Here's an attempt with a partially implemented interface object returned:

static pipelineWithInterface(...args) {
    let channels = args
        .filter(x => x instanceof Function || x instanceof Channel)
        .map(x => x instanceof Channel ? x : new Channel(x));
    let first = channels[0];
    let last = channels.reduce((x, y) => x.pipe(y));
    let piped = {};
    piped.put = first.put.bind(first);
    piped.take = last.take.bind(last);
    piped.close = first.close.bind(first);
    piped.done = last.done.bind(last);
    piped.pipeline = first.pipeline;
    return piped;
}

I think the maintainability problems are fairly clear here, and this isn't really a road I want to go down.

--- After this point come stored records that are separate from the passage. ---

-- ===== src/Update/Render.antt =====
-- kernel/runtime/update.c: a manifest as text, and what the parser makes of it.
use native.Mathlib.Nat.{pow-suc}
use osai.Prelude.{
  ℕ, zero, suc, ◌+◌, ◌-◌, ◌*◌, ◌/◌, ◌%◌, ◌^◌, ◌<◌, ◌≡◌, refl, ap, ◌∙◌, arith, false, some, List, [],
  ◌∷◌, ◌++◌, length, All, ltb, if◌then◌else◌, Bool-cases, inl, inr,
}
use osai.Update.Manifest.{
  Seen, is_newline, skip_space, find_separator, find_end, read_number, hex_digit, read_hash,
  read_field, parse_loop,
}

-- A number in decimal, with at most `fuel` digits.
unfoldable pub decimal : ℕ → ℕ → List ℕ
decimal zero n = []
decimal (suc fuel) n =
    let rest = decimal fuel (n / 10) in
    if ltb n 10 then (n + b'0') ∷ [] else rest ++ (n % 10 + b'0') ∷ []

-- A hexadecimal digit.
abbrev pub hex_char : ℕ → ℕ
hex_char d = if ltb d 10 then d + b'0' else d - 10 + b'a'

-- Two digits for each byte.
unfoldable pub hex : List ℕ → List ℕ
hex [] = []
hex (b ∷ bytes) = hex_char (b / 16) ∷ hex_char (b % 16) ∷ hex bytes

-- A text of one line.
abbrev pub OneLine : List ℕ → Type 0
OneLine = All (λ c. is_newline c ≡ false)

read_number-append :
    (w : ℕ) (s : List ℕ) (d v : ℕ)
    → d < 10
    → read_number w v (s ++ (d + 48) ∷ []) ≡ (read_number w v s * 10 + d) % 2 ^ w
unfolding read_number
read_number-append w [] d v h = ground arith
read_number-append w (c ∷ s) d v h = read_number-append w s d _ h

pub read_number-decimal :
    (w fuel n : ℕ)
    → ((k : ℕ) → k < 2 ^ w → k % 2 ^ w ≡ k)
    → n < 2 ^ w
    → n < 10 ^ fuel
    → read_number w 0 (decimal fuel n) ≡ n
unfolding decimal read_number
read_number-decimal w zero n small h k = omega (arith, k)
read_number-decimal w (suc fuel) n small h k =
    let tens =
      read_number-decimal w fuel (n / 10) small (omega arith) (omega (arith, pow-suc 10 fuel)) in
    elim (Bool-cases (ltb n 10)) [
      | inl one ↦ rw one (
          read_number-append w [] n 0 (ground arith)
          ∙ ap (λ t. t % 2 ^ w) {x = 0 * 10 + n} (omega arith)
          ∙ small n h)
      | inr more ↦ rw more (
          read_number-append w (decimal fuel (n / 10)) (n % 10) 0 (omega arith)
          ∙ ap (λ t. (t * 10 + n % 10) % 2 ^ w) tens
          ∙ ap (λ t. t % 2 ^ w) (omega arith)
          ∙ small n h)
    ]

OneLine-append : (xs ys : List ℕ) → OneLine xs → OneLine ys → OneLine (xs ++ ys)
OneLine-append [] ys p q = q
OneLine-append (x ∷ xs) ys p q = (p.0, OneLine-append xs ys p.1 q)

pub decimal-OneLine : (fuel n : ℕ) → OneLine (decimal fuel n)
unfolding decimal
decimal-OneLine zero n = tt
decimal-OneLine (suc fuel) n = elim (Bool-cases (ltb n 10)) [
  | inl one ↦ rw one (ground arith, tt)
  | inr more ↦
      rw more (
        OneLine-append (decimal fuel (n / 10)) _ (decimal-OneLine fuel (n / 10)) (ground arith, tt))
]

find_end_lem :
    (value rest : List ℕ) → OneLine value → find_end (value ++ 10 ∷ rest) ≡ (value, 10 ∷ rest)
unfolding find_end
find_end_lem [] rest h = refl
find_end_lem (c ∷ value) rest h = rw (h.0, find_end_lem value rest h.1) refl

hex_digit_lem : (d : ℕ) → d < 16 → hex_digit (hex_char d) ≡ some d
unfolding hex_digit
hex_digit_lem d h = ground arith

read_hash_step :
    (k h l : ℕ) (s : List ℕ) {hi lo : ℕ} {bytes : List ℕ}
    → hex_digit h ≡ some hi
    → hex_digit l ≡ some lo
    → read_hash k s ≡ some bytes
    → read_hash (suc k) (h ∷ l ∷ s) ≡ some ((hi * 16 + lo) ∷ bytes)
unfolding read_hash
read_hash_step k h l s p q r = rw (p, q, r, read_hash) refl

pub read_hash-hex :
    (bytes : List ℕ) → All (λ b. b < 256) bytes → read_hash (length bytes) (hex bytes) ≡ some bytes
unfolding read_hash hex
read_hash-hex [] h = refl
read_hash-hex (b ∷ bytes) h =
    read_hash_step (length bytes) (hex_char (b / 16)) (hex_char (b % 16)) (hex bytes)
      (hex_digit_lem (b / 16) (omega arith)) (hex_digit_lem (b % 16) (omega arith))
      (read_hash-hex bytes h.1)
    ∙ ap {A = ℕ} (λ n. some (n ∷ bytes)) (omega arith)

pub hex-OneLine : (bytes : List ℕ) → OneLine (hex bytes)
unfolding hex
hex-OneLine [] = tt
hex-OneLine (b ∷ bytes) = (ground arith, (ground arith, hex-OneLine bytes))

pub length-hex : (bytes : List ℕ) → length (hex bytes) ≡ 2 * length bytes
unfolding hex
length-hex [] = refl
length-hex (b ∷ bytes) = omega (arith, length-hex bytes)

-- One line of the text.
unfoldable pub line : List ℕ → List ℕ → List ℕ → List ℕ
line key value rest = key ++ b'=' ∷ (value ++ 10 ∷ rest)

-- A key as the parser finds it: it does not begin with a space, and ends at the first '='.
pub record IsKey (key : List ℕ) : Type 0 where
  pub starts : (rest : List ℕ) → skip_space (key ++ b'=' ∷ rest) ≡ key ++ b'=' ∷ rest
  pub ends : (rest : List ℕ) → find_separator (key ++ b'=' ∷ rest) ≡ some (key, rest)

-- Reading one line, whatever newlines stand before it.
pub parse_loop-line :
    {key : List ℕ} (value : List ℕ) (fuel : ℕ) (text rest : List ℕ) (seen : Seen) {seen' : Seen}
    → IsKey key
    → OneLine value
    → skip_space text ≡ skip_space (line key value rest)
    → read_field key value seen ≡ some seen'
    → parse_loop (suc fuel) text seen ≡ parse_loop fuel (10 ∷ rest) seen'
unfolding parse_loop line
parse_loop-line {key} value fuel text rest seen {seen'} k one same reads =
    let found : find_separator (skip_space text) ≡ some (key, value ++ 10 ∷ rest) =
      ap find_separator (same ∙ k.starts (value ++ 10 ∷ rest)) ∙ k.ends (value ++ 10 ∷ rest) in
    rw (found, find_end_lem value rest one, reads, parse_loop)
      (ap (λ (p : List ℕ × List ℕ). parse_loop fuel p.1 seen') (find_end_lem value rest one))

pub parse_loop_end :
    (fuel : ℕ) (seen : Seen) → parse_loop (suc fuel) (10 ∷ []) seen ≡ some (some seen)
unfolding parse_loop
parse_loop_end fuel seen = refl

pub skip_newline : (text : List ℕ) → skip_space (10 ∷ text) ≡ skip_space text
unfolding skip_space
skip_newline text = refl
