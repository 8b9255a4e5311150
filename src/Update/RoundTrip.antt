-- ===== src/Update/RoundTrip.antt =====
-- kernel/runtime/update.c: the parser of manifests reads back every manifest that is written out as
-- the five lines of the self test.
use native.Mathlib.Nat.{mod-eq_of_lt}
use osai.Prelude.{
  ℕ, suc, ◌^◌, ◌<◌, ◌≤◌, ◌≡◌, ◌≢◌, refl, sym, ap, ◌∙◌, arith, true, false, ◌==◌, some, List, [],
  ◌∷◌, length, All, take, take-all, leb, ltb, subst, if◌then◌else◌,
}
use osai.Prelude.Status.{ok}
use osai.Update.{Updates}
use osai.Update.Target.{char_at}
use osai.Update.Manifest.{
  Manifest, no_manifest, skip_space, find_separator, read_hash, read_field, parse_loop, parse_text,
  update_parse_manifest,
}
use osai.Update.Render.{
  decimal, hex, OneLine, read_number-decimal, decimal-OneLine, read_hash-hex, hex-OneLine,
  length-hex, line, IsKey, parse_loop-line, parse_loop_end, skip_newline,
}

abbrev version_key : List ℕ
version_key = b'v' ∷ b'e' ∷ b'r' ∷ b's' ∷ b'i' ∷ b'o' ∷ b'n' ∷ []

abbrev target_key : List ℕ
target_key = b't' ∷ b'a' ∷ b'r' ∷ b'g' ∷ b'e' ∷ b't' ∷ []

abbrev size_key : List ℕ
size_key = b's' ∷ b'i' ∷ b'z' ∷ b'e' ∷ []

abbrev hash_key : List ℕ
hash_key = b'h' ∷ b'a' ∷ b's' ∷ b'h' ∷ []

abbrev generation_key : List ℕ
generation_key = b'g' ∷ b'e' ∷ b'n' ∷ b'e' ∷ b'r' ∷ b'a' ∷ b't' ∷ b'i' ∷ b'o' ∷ b'n' ∷ []

-- The text of a manifest: a line for each field, numbers in decimal and the hash in hexadecimal.
unfoldable pub render : Manifest → List ℕ
unfolding line
render m = line version_key (decimal 10 m.version) (
    line target_key m.target (
      line size_key (decimal 20 m.payload_size)
        (line hash_key (hex m.payload_hash) (line generation_key (decimal 10 m.generation) []))))

-- The fields fit the types of the structure, and the target its array and a line.
pub record IsManifest (m : Manifest) : Type 0 where
  pub version : m.version < 2 ^ 32
  pub target : length m.target ≤ 31
  pub on_a_line : OneLine m.target
  pub size : m.payload_size < 2 ^ 64
  pub hash : length m.payload_hash ≡ 32
  pub bytes : All (λ b. b < 256) m.payload_hash
  pub generation : m.generation < 2 ^ 32

version-IsKey : IsKey version_key
unfolding skip_space find_separator
version-IsKey = record { starts = λ rest. refl; ends = λ rest. refl }

target-IsKey : IsKey target_key
unfolding skip_space find_separator
target-IsKey = record { starts = λ rest. refl; ends = λ rest. refl }

size-IsKey : IsKey size_key
unfolding skip_space find_separator
size-IsKey = record { starts = λ rest. refl; ends = λ rest. refl }

hash-IsKey : IsKey hash_key
unfolding skip_space find_separator
hash-IsKey = record { starts = λ rest. refl; ends = λ rest. refl }

generation-IsKey : IsKey generation_key
unfolding skip_space find_separator
generation-IsKey = record { starts = λ rest. refl; ends = λ rest. refl }

-- What the fields of the first lines make of the empty manifest.
abbrev partial : ℕ → List ℕ → ℕ → List ℕ → Manifest
partial v t s h = record {
  version = v;
  target = t;
  payload_size = s;
  payload_hash = h;
  generation = 0;
}

take_whole : (s : List ℕ) → length s ≤ 31 → take (if ltb (length s) 31 then length s else 31) s ≡ s
take_whole s h = take-all (if ltb (length s) 31 then length s else 31) s (ground arith)

-- The result for a text whose lines have all been read.
update_parse_manifest_seen :
    (text : List ℕ) (m : Manifest) (u : Updates)
    → length text ≢ 0
    → parse_loop (suc (length text)) text (no_manifest, 0) ≡ some (some (m, 31))
    → update_parse_manifest (some text) u
      ≡ some (
        ok,
        some m,
        record u { delivery = record u.delivery { bytes_expected = m.payload_size } },
      )
unfolding update_parse_manifest
update_parse_manifest_seen text m u some_text e =
    let there : (length text == 0) ≡ false = ground arith in rw (there, parse_text, e) refl

module _ (m : Manifest) (k : IsManifest m) where
  reads_version :
      read_field version_key (decimal 10 m.version) (no_manifest, 0)
      ≡ some (partial m.version [] 0 [], 1)
  unfolding read_field char_at
  reads_version =
      ap (λ n. some (partial n [] 0 [], 1))
        (read_number-decimal 32 10 m.version (λ n h. mod-eq_of_lt h) k.version
          (omega (arith, k.version)))

  reads_target :
      read_field target_key m.target (partial m.version [] 0 [], 1)
      ≡ some (partial m.version m.target 0 [], 3)
  unfolding read_field char_at
  reads_target = ap (λ t. some (partial m.version t 0 [], 3)) (take_whole m.target k.target)

  reads_size :
      read_field size_key (decimal 20 m.payload_size) (partial m.version m.target 0 [], 3)
      ≡ some (partial m.version m.target m.payload_size [], 7)
  unfolding read_field char_at
  reads_size =
      ap (λ n. some (partial m.version m.target n [], 7))
        (read_number-decimal 64 20 m.payload_size (λ n h. mod-eq_of_lt h) k.size
          (omega (arith, k.size)))

  reads_hash :
      read_field hash_key (hex m.payload_hash) (partial m.version m.target m.payload_size [], 7)
      ≡ some (partial m.version m.target m.payload_size m.payload_hash, 15)
  unfolding read_field char_at
  reads_hash =
      let long : leb 64 (length (hex m.payload_hash)) ≡ true =
        ground (arith, length-hex m.payload_hash, k.hash) in
      let reads : read_hash 32 (hex m.payload_hash) ≡ some m.payload_hash =
        subst (λ n. read_hash n (hex m.payload_hash) ≡ some m.payload_hash) k.hash
          (read_hash-hex m.payload_hash k.bytes) in
      rw (long, reads) refl

  reads_generation :
      read_field generation_key
        (decimal 10 m.generation)
        (partial m.version m.target m.payload_size m.payload_hash, 15)
      ≡ some (m, 31)
  unfolding read_field char_at
  reads_generation =
      ap (λ n. some (record m { generation = n }, 31))
        (read_number-decimal 32 10 m.generation (λ n h. mod-eq_of_lt h) k.generation
          (omega (arith, k.generation)))

  parse_loop-render :
      (fuel : ℕ)
      → parse_loop (suc (suc (suc (suc (suc (suc fuel)))))) (render m) (no_manifest, 0)
        ≡ some (some (m, 31))
  unfolding render
  parse_loop-render fuel =
      let last = line generation_key (decimal 10 m.generation) [] in
      let hashed = line hash_key (hex m.payload_hash) last in
      let sized = line size_key (decimal 20 m.payload_size) hashed in
      let aimed = line target_key m.target sized in
      parse_loop-line (decimal 10 m.version) (suc (suc (suc (suc (suc fuel))))) (render m) aimed
        (no_manifest, 0) version-IsKey (decimal-OneLine 10 m.version) refl reads_version
      ∙ parse_loop-line m.target (suc (suc (suc (suc fuel)))) (10 ∷ aimed) sized
          (partial m.version [] 0 [], 1) target-IsKey k.on_a_line (skip_newline aimed) reads_target
      ∙ parse_loop-line (decimal 20 m.payload_size) (suc (suc (suc fuel))) (10 ∷ sized) hashed
          (partial m.version m.target 0 [], 3) size-IsKey (decimal-OneLine 20 m.payload_size)
          (skip_newline sized) reads_size
      ∙ parse_loop-line (hex m.payload_hash) (suc (suc fuel)) (10 ∷ hashed) last
          (partial m.version m.target m.payload_size [], 7) hash-IsKey (hex-OneLine m.payload_hash)
          (skip_newline hashed) reads_hash
      ∙ parse_loop-line (decimal 10 m.generation) (suc fuel) (10 ∷ last) []
          (partial m.version m.target m.payload_size m.payload_hash, 15) generation-IsKey
          (decimal-OneLine 10 m.generation) (skip_newline last) reads_generation
      ∙ parse_loop_end fuel (m, 31)

  length-render : (n : ℕ) × (length (render m) ≡ suc (suc (suc (suc (suc n)))))
  unfolding render line
  length-render = (_, refl)

  parse_loop-length :
      parse_loop (suc (length (render m))) (render m) (no_manifest, 0) ≡ some (some (m, 31))
  parse_loop-length =
      let (n, long) = length-render in
      subst (λ l. parse_loop (suc l) (render m) (no_manifest, 0) ≡ some (some (m, 31))) (sym long)
        (parse_loop-render n)

  -- The text of a manifest, whose fields fit their types and whose target is at most 31 characters on
  -- one line, is accepted and read back as that manifest; the delivery then expects its payload size.
  pub update_parse_manifest-render :
      (u : Updates)
      → update_parse_manifest (some (render m)) u
        ≡ some (
          ok,
          some m,
          record u { delivery = record u.delivery { bytes_expected = m.payload_size } },
        )
  update_parse_manifest-render u =
      let (n, long) = length-render in
      update_parse_manifest_seen (render m) m u (ground (arith, long)) parse_loop-length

Part of me is tempted to just let Channel#pipe() accept a callback, so code like this will just work (it already works with a Channel arg, so it would just need an extension to accept a function and turn it into a Channel on the fly). I know it still doesn't completely solve all the issues brought up, but it may alleviate some of the need for Channel.pipeline() in the first place.

let first = new Channel(x => x + 1);
let last = first
    .pipe(x => x + 2)
    /* ... */
    .pipe(x => x + 3);
trusktr commented 8 years ago

Interesting ideas! Yeah, I couldn't really think of a good case for when accessing middle channels would be handy. True, that if we're constructing the pipeline, then we can just save the reference to the middle channel that we want, as in your example:

let ch2 = new Channel(x => x.toString());
let [ first, last ] = Channel.pipeline(
    x => x + 2,
    ch2,
    x => ({ x })
);

Now what if the pipeline is something being imported?

import somePipe from 'somewhere'

Now, we don't have references to the middle transforms/channels here, but, I also don't see a good reason to know what the middle channels are since the point of the pipe is to use the overall transform. There would have to be some sort of documentation on the somewhere library describing what channels are in the middle of the pipe and at which positions. At that point, it might just be better to export and document those channels individually rather then telling people to grab them from a certain index in a pipeline.

So yeah, I think first and last is very likely to be all we ever need. :+1:

dvlsg commented 8 years ago

Cool. I'm going to close this out then. We will be able to use a Channel with Channel.pipeline() and the use a Function with Channel#pipe() with the next publish (it's in github, but not npm yet). Planning on publishing the next version at some point this week.